## What is required
The expected output is every entry, copied exactly.

[Records excerpted from a collection]
────────────────
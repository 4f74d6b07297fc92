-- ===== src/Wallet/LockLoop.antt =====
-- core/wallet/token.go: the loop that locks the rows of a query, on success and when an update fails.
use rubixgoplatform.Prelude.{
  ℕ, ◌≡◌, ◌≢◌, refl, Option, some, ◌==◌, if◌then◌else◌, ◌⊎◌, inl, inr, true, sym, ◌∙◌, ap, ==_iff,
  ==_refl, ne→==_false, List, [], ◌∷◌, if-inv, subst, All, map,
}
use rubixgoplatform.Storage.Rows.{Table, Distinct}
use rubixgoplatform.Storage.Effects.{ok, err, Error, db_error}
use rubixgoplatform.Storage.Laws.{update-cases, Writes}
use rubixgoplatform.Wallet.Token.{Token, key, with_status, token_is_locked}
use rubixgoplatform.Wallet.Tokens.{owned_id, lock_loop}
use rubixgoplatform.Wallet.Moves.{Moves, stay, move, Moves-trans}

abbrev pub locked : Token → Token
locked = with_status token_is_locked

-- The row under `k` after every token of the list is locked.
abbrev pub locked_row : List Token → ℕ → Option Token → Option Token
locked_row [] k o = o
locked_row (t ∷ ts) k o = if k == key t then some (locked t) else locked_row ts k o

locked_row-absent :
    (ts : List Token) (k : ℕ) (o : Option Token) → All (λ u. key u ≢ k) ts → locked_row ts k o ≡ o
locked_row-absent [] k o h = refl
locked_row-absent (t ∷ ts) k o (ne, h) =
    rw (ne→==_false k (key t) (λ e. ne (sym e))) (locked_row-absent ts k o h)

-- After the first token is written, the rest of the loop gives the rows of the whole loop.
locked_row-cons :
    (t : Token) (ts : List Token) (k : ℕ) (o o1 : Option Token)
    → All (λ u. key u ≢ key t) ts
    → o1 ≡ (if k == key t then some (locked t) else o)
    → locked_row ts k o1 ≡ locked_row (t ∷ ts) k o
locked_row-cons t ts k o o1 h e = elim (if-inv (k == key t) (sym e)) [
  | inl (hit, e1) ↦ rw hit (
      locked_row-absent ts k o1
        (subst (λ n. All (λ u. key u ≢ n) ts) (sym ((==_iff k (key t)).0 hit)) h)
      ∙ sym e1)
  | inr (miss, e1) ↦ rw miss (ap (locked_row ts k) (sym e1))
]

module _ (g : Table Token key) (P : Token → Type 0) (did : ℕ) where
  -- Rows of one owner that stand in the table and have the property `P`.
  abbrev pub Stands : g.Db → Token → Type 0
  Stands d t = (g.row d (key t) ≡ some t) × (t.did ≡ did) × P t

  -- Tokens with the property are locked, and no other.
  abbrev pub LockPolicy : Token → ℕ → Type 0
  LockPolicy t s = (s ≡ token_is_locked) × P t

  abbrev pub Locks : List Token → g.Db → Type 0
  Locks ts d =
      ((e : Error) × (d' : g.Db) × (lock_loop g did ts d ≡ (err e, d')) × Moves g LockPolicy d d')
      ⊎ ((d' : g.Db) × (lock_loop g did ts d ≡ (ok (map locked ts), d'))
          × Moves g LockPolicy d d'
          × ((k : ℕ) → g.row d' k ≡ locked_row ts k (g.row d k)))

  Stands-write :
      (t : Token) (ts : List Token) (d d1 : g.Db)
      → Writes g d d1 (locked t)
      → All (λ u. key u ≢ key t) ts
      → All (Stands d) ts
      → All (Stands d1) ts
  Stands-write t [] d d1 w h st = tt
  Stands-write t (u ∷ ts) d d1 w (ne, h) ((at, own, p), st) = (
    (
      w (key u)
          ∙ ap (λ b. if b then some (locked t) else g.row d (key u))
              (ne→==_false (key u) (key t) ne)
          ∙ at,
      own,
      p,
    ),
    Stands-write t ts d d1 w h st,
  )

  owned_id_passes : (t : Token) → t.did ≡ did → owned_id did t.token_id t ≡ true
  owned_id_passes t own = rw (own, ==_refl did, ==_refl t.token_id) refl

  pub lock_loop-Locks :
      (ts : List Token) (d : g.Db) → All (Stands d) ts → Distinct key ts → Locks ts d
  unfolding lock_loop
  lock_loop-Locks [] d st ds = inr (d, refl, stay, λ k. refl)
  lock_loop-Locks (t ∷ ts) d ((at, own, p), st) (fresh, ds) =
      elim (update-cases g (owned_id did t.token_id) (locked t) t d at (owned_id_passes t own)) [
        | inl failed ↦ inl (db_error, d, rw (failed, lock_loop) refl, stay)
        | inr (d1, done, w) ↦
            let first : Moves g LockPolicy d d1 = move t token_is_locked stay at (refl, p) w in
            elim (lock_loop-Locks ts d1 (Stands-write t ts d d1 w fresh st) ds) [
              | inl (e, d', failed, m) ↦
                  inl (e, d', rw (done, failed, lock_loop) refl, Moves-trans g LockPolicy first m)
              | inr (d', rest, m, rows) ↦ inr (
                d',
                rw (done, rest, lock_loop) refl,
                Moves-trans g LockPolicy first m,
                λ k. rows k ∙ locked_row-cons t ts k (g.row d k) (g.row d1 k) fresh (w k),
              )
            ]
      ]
────────────────
## Result for this exercise
repository 4f74d6b07297fc92
-- ===== src/Wallet/LockLoop.antt =====
-- core/wallet/token.go: the loop that locks the rows of a query, on success and when an update fails.
use rubixgoplatform.Prelude.{
  ℕ, ◌≡◌, ◌≢◌, refl, Option, some, ◌==◌, if◌then◌else◌, ◌⊎◌, inl, inr, true, sym, ◌∙◌, ap, ==_iff,
  ==_refl, ne→==_false, List, [], ◌∷◌, if-inv, subst, All, map,
}
use rubixgoplatform.Storage.Rows.{Table, Distinct}
use rubixgoplatform.Storage.Effects.{ok, err, Error, db_error}
use rubixgoplatform.Storage.Laws.{update-cases, Writes}
use rubixgoplatform.Wallet.Token.{Token, key, with_status, token_is_locked}
use rubixgoplatform.Wallet.Tokens.{owned_id, lock_loop}
use rubixgoplatform.Wallet.Moves.{Moves, stay, move, Moves-trans}

abbrev pub locked : Token → Token
locked = with_status token_is_locked

-- The row under `k` after every token of the list is locked.
abbrev pub locked_row : List Token → ℕ → Option Token → Option Token
locked_row [] k o = o
locked_row (t ∷ ts) k o = if k == key t then some (locked t) else locked_row ts k o

locked_row-absent :
    (ts : List Token) (k : ℕ) (o : Option Token) → All (λ u. key u ≢ k) ts → locked_row ts k o ≡ o
locked_row-absent [] k o h = refl
locked_row-absent (t ∷ ts) k o (ne, h) =
    rw (ne→==_false k (key t) (λ e. ne (sym e))) (locked_row-absent ts k o h)

-- After the first token is written, the rest of the loop gives the rows of the whole loop.
locked_row-cons :
    (t : Token) (ts : List Token) (k : ℕ) (o o1 : Option Token)
    → All (λ u. key u ≢ key t) ts
    → o1 ≡ (if k == key t then some (locked t) else o)
    → locked_row ts k o1 ≡ locked_row (t ∷ ts) k o
locked_row-cons t ts k o o1 h e = elim (if-inv (k == key t) (sym e)) [
  | inl (hit, e1) ↦ rw hit (
      locked_row-absent ts k o1
        (subst (λ n. All (λ u. key u ≢ n) ts) (sym ((==_iff k (key t)).0 hit)) h)
      ∙ sym e1)
  | inr (miss, e1) ↦ rw miss (ap (locked_row ts k) (sym e1))
]

module _ (g : Table Token key) (P : Token → Type 0) (did : ℕ) where
  -- Rows of one owner that stand in the table and have the property `P`.
  abbrev pub Stands : g.Db → Token → Type 0
  Stands d t = (g.row d (key t) ≡ some t) × (t.did ≡ did) × P t

  -- Tokens with the property are locked, and no other.
  abbrev pub LockPolicy : Token → ℕ → Type 0
  LockPolicy t s = (s ≡ token_is_locked) × P t

  abbrev pub Locks : List Token → g.Db → Type 0
  Locks ts d =
      ((e : Error) × (d' : g.Db) × (lock_loop g did ts d ≡ (err e, d')) × Moves g LockPolicy d d')
      ⊎ ((d' : g.Db) × (lock_loop g did ts d ≡ (ok (map locked ts), d'))
          × Moves g LockPolicy d d'
          × ((k : ℕ) → g.row d' k ≡ locked_row ts k (g.row d k)))

  Stands-write :
      (t : Token) (ts : List Token) (d d1 : g.Db)
      → Writes g d d1 (locked t)
      → All (λ u. key u ≢ key t) ts
      → All (Stands d) ts
      → All (Stands d1) ts
  Stands-write t [] d d1 w h st = tt
  Stands-write t (u ∷ ts) d d1 w (ne, h) ((at, own, p), st) = (
    (
      w (key u)
          ∙ ap (λ b. if b then some (locked t) else g.row d (key u))
              (ne→==_false (key u) (key t) ne)
          ∙ at,
      own,
      p,
    ),
    Stands-write t ts d d1 w h st,
  )

  owned_id_passes : (t : Token) → t.did ≡ did → owned_id did t.token_id t ≡ true
  owned_id_passes t own = rw (own, ==_refl did, ==_refl t.token_id) refl

  pub lock_loop-Locks :
      (ts : List Token) (d : g.Db) → All (Stands d) ts → Distinct key ts → Locks ts d
  unfolding lock_loop
  lock_loop-Locks [] d st ds = inr (d, refl, stay, λ k. refl)
  lock_loop-Locks (t ∷ ts) d ((at, own, p), st) (fresh, ds) =
      elim (update-cases g (owned_id did t.token_id) (locked t) t d at (owned_id_passes t own)) [
        | inl failed ↦ inl (db_error, d, rw (failed, lock_loop) refl, stay)
        | inr (d1, done, w) ↦
            let first : Moves g LockPolicy d d1 = move t token_is_locked stay at (refl, p) w in
            elim (lock_loop-Locks ts d1 (Stands-write t ts d d1 w fresh st) ds) [
              | inl (e, d', failed, m) ↦
                  inl (e, d', rw (done, failed, lock_loop) refl, Moves-trans g LockPolicy first m)
              | inr (d', rest, m, rows) ↦ inr (
                d',
                rw (done, rest, lock_loop) refl,
                Moves-trans g LockPolicy first m,
                λ k. rows k ∙ locked_row-cons t ts k (g.row d k) (g.row d1 k) fresh (w k),
              )
            ]
      ]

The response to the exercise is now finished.